[Collected data]
----

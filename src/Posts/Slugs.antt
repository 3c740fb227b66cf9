-- ===== src/Posts/Slugs.antt =====
-- `deriveSlug` and `uniqueSlug` of service.go.
use open_blog.Base.{
  ℕ, zero, suc, Bool, true, false, ◌||◌, ◌++◌, ◌==◌, nat_eq, text_eq_instance, if◌then◌else◌, [],
  ◌∷◌, Text, codes, is_lower, is_digit, to_lower, trim, ltb, take, length, itoa,
}
use open_blog.Store.Errors.{Error, ok, err}
use open_blog.Store.Tx.{Scope, Read}
use open_blog.Store.Posts.{slug_exists}

-- A code point of `[a-z0-9]`.
abbrev pub slug_char : ℕ → Bool
slug_char c = is_lower c || is_digit c

abbrev pub is_hyphen : ℕ → Bool
is_hyphen c = c == b'-'

-- `nonSlug.ReplaceAllString(s, "-")`: each run of other code points becomes one hyphen; the flag says
-- that the run has begun.
unfoldable pub hyphenate : (in_run : Bool) → Text → Text
hyphenate in_run [] = []
hyphenate in_run (c ∷ s) =
    let kept = c ∷ hyphenate false s in
    let dropped = hyphenate true s in
    if slug_char c then kept else if in_run then dropped else b'-' ∷ dropped

abbrev pub max_slug : ℕ
max_slug = 63

abbrev pub or_post : Text → Text
or_post [] = codes "post"
or_post (c ∷ s) = c ∷ s

abbrev pub capped : Text → Text
capped s = or_post (if ltb max_slug (length s) then trim is_hyphen (take max_slug s) else s)

abbrev pub named : Text → Text
named [] = codes "post"
named (c ∷ s) = capped (c ∷ s)

-- After the replacement every code point is one byte. The table lowers the code points above ASCII.
unfoldable pub derive_slug : (lower_table : ℕ → ℕ) → (title : Text) → Text
unfolding hyphenate
derive_slug lower_table title =
    named (trim is_hyphen (hyphenate false (to_lower lower_table title)))

-- `fmt.Sprintf("%s-%d", base, attempt)`.
unfoldable pub suffixed : Text → (attempt : ℕ) → Text
unfolding itoa
suffixed base attempt = base ++ (b'-' ∷ itoa attempt)

-- The loop of `uniqueSlug`, with the rounds that are left before `attempt > 10000`.
unfoldable pub slug_loop :
    (rounds : ℕ) → Scope → (tenant : ℕ) → (base : Text) → (attempt : ℕ) → (slug : Text) → Read Text
unfolding slug_exists
slug_loop zero s tenant base attempt slug db = elim (slug_exists s tenant slug db) [
  | err e ↦ err e
  | ok exists ↦ if exists then err Error.slug_taken else ok slug
]
slug_loop (suc rounds) s tenant base attempt slug db =
    let rest = slug_loop rounds s tenant base (suc attempt) (suffixed base attempt) db in
    elim (slug_exists s tenant slug db) [
      | err e ↦ err e
      | ok exists ↦ if exists then rest else ok slug
    ]

-- From attempt 2 to attempt 10001, where the loop gives up.
abbrev pub slug_rounds : ℕ
slug_rounds = 9999

unfoldable pub unique_slug :
    (lower_table : ℕ → ℕ) → Scope → (tenant : ℕ) → (desired : Text) → Read Text
unique_slug lower_table s tenant desired db =
    let base : Text = derive_slug lower_table desired in
    slug_loop slug_rounds s tenant base 2 base db
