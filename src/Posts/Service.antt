-- ===== src/Posts/Service.antt =====
-- The operations of service.go. `now` and the new ids are what `time.Now` and the id generators give.
use open_blog.Base.{
  ℕ, Bool, true, false, not, ◌&&◌, ◌==◌, nat_eq, text_eq_instance, if◌then◌else◌, Option, none,
  some, List, [], ◌∷◌, Text, codes, trim_space, or_else, String,
}
use open_blog.Store.Errors.{Error, Result, ok, err}
use open_blog.Store.Rows.{Db, Post, PostStatus, JobData}
use open_blog.Store.Rows.PostStatus.{draft, published, archived}
use open_blog.Store.Tx.{
  Scope, nil_id, Read, Tx, ◌>>=◌, ◌>>◌, pure, guard, read, lift, no_rows_as, scoped, scoped_rw,
}
use open_blog.Store.Posts.{
  PostSummary, get_post_by_id, create_post, update_post, set_post_status, delete_post,
  list_post_summaries,
}
use open_blog.Store.Tenants.{bump_content_version}
use open_blog.Authz.Roles.{Actor, author, require, owns_post, scope_from_actor}
use open_blog.Authz.Roles.Capability.{create_draft, edit_own_draft, publish_archive}
use open_blog.Render.Html.{External}
use open_blog.Render.Sanitize.{render_gfm_hosts}
use open_blog.Jobs.Queue.{enqueue}
use open_blog.Posts.Slugs.{unique_slug}

abbrev pub purge_job_kind : String
purge_job_kind = "purge"

-- What `time.Now` and the id generators give to one call.
pub record Fresh : Type 0 where
  pub now : ℕ
  pub id : ℕ
  pub job_id : ℕ

pub record CreateInput : Type 0 where
  pub title : Text
  pub content_markdown : Text
  pub slug : Text
  pub excerpt : Text
  pub metadata : Text

-- `none` leaves a field as it is.
pub record UpdateInput : Type 0 where
  pub title : Option Text
  pub content_markdown : Option Text
  pub slug : Option Text
  pub excerpt : Option Text
  pub metadata : Option Text

pub record ListFilter : Type 0 where
  pub status : Option String
  pub author_id : Option ℕ

abbrev pub is_published : PostStatus → Bool
is_published published = true
is_published _ = false

abbrev pub is_draft : PostStatus → Bool
is_draft draft = true
is_draft _ = false

-- `errors.Is(err, jobs.ErrDuplicate)` becomes nil.
abbrev pub unless_duplicate : Db → Result (ℕ × Db) → Result (Unit {0} × Db)
unless_duplicate db (ok (id, db')) = ok (tt, db')
unless_duplicate db (err Error.duplicate_job) = ok (tt, db)
unless_duplicate db (err e) = err e

unfoldable pub ignoring_duplicate : Tx ℕ → Tx (Unit {0})
ignoring_duplicate m db = unless_duplicate db (m db)

-- `isUniqueViolation(err)` becomes `ErrSlugTaken`.
abbrev pub taken_if_violated {ℓ} : {A : Type ℓ} → Result A → Result A
taken_if_violated (ok a) = ok a
taken_if_violated (err Error.unique_violation) = err Error.slug_taken
taken_if_violated (err e) = err e

unfoldable pub or_taken : {A : Type 0} → Tx A → Tx A
or_taken m db = taken_if_violated (m db)

-- The row, or `ErrNotFound`.
abbrev pub found_post : Scope → ℕ → Read Post
found_post scope id db = no_rows_as Error.post_not_found (get_post_by_id scope id db)

-- A plain author is confined to drafts.
unfoldable pub confined : Actor → PostStatus → Bool
confined actor status = (not actor.platform && actor.role == author) && not (is_draft status)

-- `New`.
abbrev pub origin_of : Text → Text
origin_of [] = codes "media.example.com"
origin_of (c ∷ s) = c ∷ s

abbrev pub slug_base : CreateInput → Text
slug_base input = if input.slug == codes "" then input.title else input.slug

abbrev pub allows_in : Text → Option Bool → Bool
allows_in [] on = false
allows_in (c ∷ meta) none = false
allows_in (c ∷ meta) (some on) = on

abbrev pub time_if : Bool → ℕ → Option ℕ
time_if publishing now = if publishing then some now else none

abbrev pub merged : UpdateInput → Post → (slug html : Text) → Post
merged input p slug html = record p {
  title = or_else input.title p.title;
  slug = slug;
  excerpt = or_else input.excerpt p.excerpt;
  content_markdown = or_else input.content_markdown p.content_markdown;
  content_html = html;
}

-- The service over its external code, the configured media origin and the text of an id.
module _ (ext : External) (media_origin : Text) (id_text : ℕ → Text) where
  open ext use {lower_table, allow_external_images, to_jsonb}

  unfoldable pub metadata_allows_external_images : Text → Bool
  metadata_allows_external_images meta = allows_in meta (allow_external_images meta)

  unfoldable pub render : (md metadata : Text) → Result Text
  unfolding metadata_allows_external_images
  render md metadata = render_gfm_hosts ext md (
      if metadata_allows_external_images metadata then none else some (origin_of media_origin ∷ []))

  -- One bump of the tenant's version and one purge job, unless there is one already.
  unfoldable pub purge : Fresh → (tenant : ℕ) → Post → Tx (Unit {0})
  purge fresh tenant p = do
    t ← bump_content_version fresh.now tenant
    ignoring_duplicate (
        enqueue fresh.now fresh.job_id purge_job_kind (id_text tenant) (record {
          tenant_id = tenant;
          content = JobData.purge_data tenant p.id t.content_version;
        }))

  abbrev pub drafted : Fresh → Actor → Scope → CreateInput → (html slug : Text) → Post
  drafted fresh actor scope input html slug = record {
    id = fresh.id;
    tenant_id = scope.tenant_id;
    author_id = actor.user_id;
    slug = slug;
    title = input.title;
    excerpt = input.excerpt;
    content_markdown = input.content_markdown;
    content_html = html;
    status = draft;
    published_at = none;
    metadata = input.metadata;
    created_at = fresh.now;
    updated_at = fresh.now;
  }

  -- The checks before a transaction do not touch the database, so they stand in it here.
  unfoldable pub create_tx : Fresh → Actor → CreateInput → Tx Post
  create_tx fresh actor input = do
    lift (require actor create_draft)
    let scope = scope_from_actor actor
    guard (not (scope.tenant_id == nil_id)) Error.no_tenant
    html ← lift (render input.content_markdown input.metadata)
    slug ← read (unique_slug lower_table scope scope.tenant_id (slug_base input))
    or_taken (create_post to_jsonb scope fresh.now (drafted fresh actor scope input html slug))

  unfoldable pub create : Fresh → Actor → CreateInput → Db → Result Post × Db
  create fresh actor input db = scoped_rw (create_tx fresh actor input) db

  -- The slug of an update: frozen on a published post.
  abbrev pub new_slug : Scope → Post → Option Text → Tx Text
  new_slug scope p none = pure p.slug
  new_slug scope p (some desired) = do
    guard (not (is_published p.status)) Error.slug_immutable
    read (unique_slug lower_table scope scope.tenant_id desired)

  -- The metadata of the input reaches the renderer; `UpdatePost` does not store it.
  unfoldable pub update_tx : Fresh → Actor → ℕ → UpdateInput → Tx Post
  update_tx fresh actor id input = do
    lift (require actor edit_own_draft)
    let scope = scope_from_actor actor
    p ← read (found_post scope id)
    guard (owns_post actor p.author_id) Error.forbidden
    guard (not (confined actor p.status)) Error.forbidden
    slug ← new_slug scope p input.slug
    html ← lift (
        render (or_else input.content_markdown p.content_markdown)
          (or_else input.metadata p.metadata))
    out ← update_post scope fresh.now (merged input p slug html)
    if is_published out.status then purge fresh scope.tenant_id out else pure tt
    pure out

  unfoldable pub update : Fresh → Actor → ℕ → UpdateInput → Db → Result Post × Db
  update fresh actor id input db = scoped_rw (update_tx fresh actor id input) db

  unfoldable pub transition_tx : Fresh → Actor → ℕ → PostStatus → (publishing : Bool) → Tx Post
  transition_tx fresh actor id status publishing = do
    lift (require actor publish_archive)
    let scope = scope_from_actor actor
    p ← read (found_post scope id)
    guard (not (publishing && trim_space p.content_markdown == codes "")) Error.empty_content
    html ← lift (render p.content_markdown p.metadata)
    out ← set_post_status scope fresh.now id status (time_if publishing fresh.now) html
    purge fresh scope.tenant_id out
    pure out

  unfoldable pub publish : Fresh → Actor → ℕ → Db → Result Post × Db
  publish fresh actor id db = scoped_rw (transition_tx fresh actor id published true) db

  unfoldable pub unpublish : Fresh → Actor → ℕ → Db → Result Post × Db
  unpublish fresh actor id db = scoped_rw (transition_tx fresh actor id draft false) db

  unfoldable pub archive : Fresh → Actor → ℕ → Db → Result Post × Db
  archive fresh actor id db = scoped_rw (transition_tx fresh actor id archived false) db

unfoldable pub delete_tx : Actor → ℕ → Tx (Unit {0})
delete_tx actor id = do
  lift (require actor edit_own_draft)
  let scope = scope_from_actor actor
  p ← read (found_post scope id)
  guard (owns_post actor p.author_id) Error.forbidden
  guard (not (confined actor p.status)) Error.forbidden
  delete_post scope id

unfoldable pub delete : Actor → ℕ → Db → Result (Unit {0}) × Db
delete actor id db = scoped_rw (delete_tx actor id) db

abbrev pub owned_or_forbidden : Actor → Result Post → Result Post
owned_or_forbidden actor (err e) = err e
owned_or_forbidden actor (ok p) = if owns_post actor p.author_id then ok p else err Error.forbidden

unfoldable pub get : Actor → ℕ → Read Post
get actor id db = owned_or_forbidden actor (scoped (found_post (scope_from_actor actor) id) db)

-- Authors list their own posts, whatever the filter says.
abbrev pub author_filter : Actor → Option ℕ → Option ℕ
author_filter actor wanted =
    if not actor.platform && actor.role == author then some actor.user_id else wanted

abbrev pub list_if : Result (Unit {0}) → Result (List PostSummary) → Result (List PostSummary)
list_if (err e) rows = err e
list_if (ok _) rows = rows

unfoldable pub list : Actor → ListFilter → Read (List PostSummary)
list actor f db = list_if (require actor create_draft) (
    scoped (list_post_summaries (scope_from_actor actor) f.status (author_filter actor f.author_id))
      db)
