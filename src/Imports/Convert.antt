-- ===== src/Imports/Convert.antt =====
-- convert.go: the converters, over what the tools and the Drive endpoint do.
use open_blog.Base.{
  ℕ, ◌*◌, ◌/◌, ◌++◌, Bool, true, not, ◌||◌, ◌==◌, nat_eq, string_eq, text_eq_instance,
  if◌then◌else◌, Option, none, some, List, [], Text, codes, byte_len, trim_space, split, has_prefix,
  ltb, itoa, length, select,
}

abbrev pub max_output_bytes : ℕ
max_output_bytes = 2097152

-- What a tool does: it is not in the path, it takes longer than the timeout, it ends with an error, or
-- it prints. The texts are those of the errors.
pub data ToolRun : Type 0 where
  missing : Text → ToolRun
  timed_out : ToolRun
  exits : Text → ToolRun
  prints : Text → ToolRun

-- What the Drive endpoint does: no request, no answer, or a status with a body that may not be read.
pub data DriveRun : Type 0 where
  unsent no_answer : Text → DriveRun
  answers : (status : ℕ) (body : Option Text) → DriveRun

-- Markdown with its fidelity, or an error with the fidelity that stands beside it.
pub data Conversion : Type 0 where
  markdown : Text → (fidelity : Text) → Conversion
  no_markdown : (fidelity message : Text) → Conversion

-- The tools by source format, `pdftotext`, and the endpoint by document and access token.
pub record Tools : Type 0 where
  pub pandoc : (from : Text) → Text → ToolRun
  pub pdf_to_text : Text → ToolRun
  pub drive : (doc_id token : Text) → DriveRun

abbrev pub sized_output : (tool : Text) → Text → Conversion → Conversion
sized_output tool out good =
    if ltb max_output_bytes (byte_len out)
    then no_markdown [] (tool ++ codes " output exceeds 2097152 bytes")
    else good

abbrev pub of_pandoc : ToolRun → Conversion
of_pandoc (missing e) =
    no_markdown [] (e ++ codes ": pandoc not found; install pandoc or add to PATH")
of_pandoc timed_out = no_markdown [] (codes "pandoc timed out after 10s")
of_pandoc (exits e) = no_markdown [] (codes "pandoc failed: " ++ e)
of_pandoc (prints out) = sized_output (codes "pandoc") out (
    if out == codes ""
    then no_markdown [] (codes "pandoc produced no output")
    else markdown out (codes "high"))

abbrev pub pandoc_name : Text → Text
pandoc_name from = if from == codes "md" then codes "markdown" else from

abbrev pub is_meta : Text → Bool
is_meta line = trim_space line == codes "" || has_prefix (codes "%") (trim_space line)

-- Short output, or output of which more than three quarters of the lines are blank or marks.
unfoldable pub is_scanned_pdf : Text → Bool
unfolding byte_len split
is_scanned_pdf text =
    let trimmed : Text = trim_space text in
    let lines : List Text = split b'\n' trimmed in
    if ltb (byte_len trimmed) 50
    then true
    else ltb (length lines * 3 / 4) (length (select is_meta lines))

abbrev pub of_pdf_to_text : ToolRun → Conversion
of_pdf_to_text (missing e) =
    no_markdown [] (e ++ codes ": pdftotext not found; install poppler-utils or add to PATH")
of_pdf_to_text timed_out = no_markdown [] (codes "pdftotext timed out after 10s")
of_pdf_to_text (exits e) = no_markdown [] (codes "pdftotext failed: " ++ e)
of_pdf_to_text (prints out) = sized_output (codes "pdftotext") out (
    if out == codes ""
    then no_markdown [] (codes "pdftotext produced no output (scanned PDF?)")
    else if is_scanned_pdf out
    then no_markdown []
        (codes "scanned PDF detected: no text layer found; run OCR before importing")
    else markdown out (codes "medium"))

abbrev pub re_consent : Text
re_consent = codes "import: Google re-consent required"

module _ (tools : Tools) where
  open tools use {pandoc, pdf_to_text, drive}

  unfoldable pub run_pandoc : (from : Text) → Text → Conversion
  run_pandoc from src = of_pandoc (pandoc (pandoc_name from) src)

  unfoldable pub pdftotext : Text → Conversion
  unfolding is_scanned_pdf
  pdftotext src = of_pdf_to_text (pdf_to_text src)

  unfoldable pub dispatch : (format : Text) → Option (Text → Conversion)
  unfolding run_pandoc pdftotext
  dispatch format =
      if format == codes "docx"
        || format == codes "odt"
        || format == codes "rtf"
        || format == codes "html"
        || format == codes "md"
      then some (run_pandoc format)
      else if format == codes "pdf"
      then some pdftotext
      else none

  abbrev pub exported : Option Text → Conversion
  exported none = no_markdown [] (codes "gdoc: read export")
  exported (some body) =
      if ltb max_output_bytes (byte_len body)
      then no_markdown [] (codes "gdoc: exported DOCX exceeds 2097152 bytes")
      else run_pandoc (codes "docx") body

  abbrev pub of_drive : DriveRun → Conversion
  of_drive (unsent e) = no_markdown [] (codes "gdoc: create request: " ++ e)
  of_drive (no_answer e) = no_markdown [] (codes "gdoc: export request failed: " ++ e)
  of_drive (answers status body) =
      if status == 401 || status == 403
      then no_markdown []
          (re_consent ++ codes ": Google token expired or drive.readonly not granted")
      else if not (status == 200)
      then no_markdown [] (codes "gdoc: export returned HTTP " ++ itoa status)
      else exported body

  unfoldable pub gdoc_export : (doc_id token : Text) → Conversion
  unfolding run_pandoc
  gdoc_export doc_id token = of_drive (drive doc_id token)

----

• Problem
Look back at the entries above. Retype the line with "unfoldable pub publish", the line with "author_filter actor wanted", and all lines in between.

• Answer section
  unfoldable pub publish : Fresh → Actor → ℕ → Db → Result Post × Db
  publish fresh actor id db = scoped_rw (transition_tx fresh actor id published true) db

  unfoldable pub unpublish : Fresh → Actor → ℕ → Db → Result Post × Db
  unpublish fresh actor id db = scoped_rw (transition_tx fresh actor id draft false) db

  unfoldable pub archive : Fresh → Actor → ℕ → Db → Result Post × Db
  archive fresh actor id db = scoped_rw (transition_tx fresh actor id archived false) db

unfoldable pub delete_tx : Actor → ℕ → Tx (Unit {0})
delete_tx actor id = do
  lift (require actor edit_own_draft)
  let scope = scope_from_actor actor
  p ← read (found_post scope id)
  guard (owns_post actor p.author_id) Error.forbidden
  guard (not (confined actor p.status)) Error.forbidden
  delete_post scope id

unfoldable pub delete : Actor → ℕ → Db → Result (Unit {0}) × Db
delete actor id db = scoped_rw (delete_tx actor id) db

abbrev pub owned_or_forbidden : Actor → Result Post → Result Post
owned_or_forbidden actor (err e) = err e
owned_or_forbidden actor (ok p) = if owns_post actor p.author_id then ok p else err Error.forbidden

unfoldable pub get : Actor → ℕ → Read Post
get actor id db = owned_or_forbidden actor (scoped (found_post (scope_from_actor actor) id) db)

-- Authors list their own posts, whatever the filter says.
abbrev pub author_filter : Actor → Option ℕ → Option ℕ
author_filter actor wanted =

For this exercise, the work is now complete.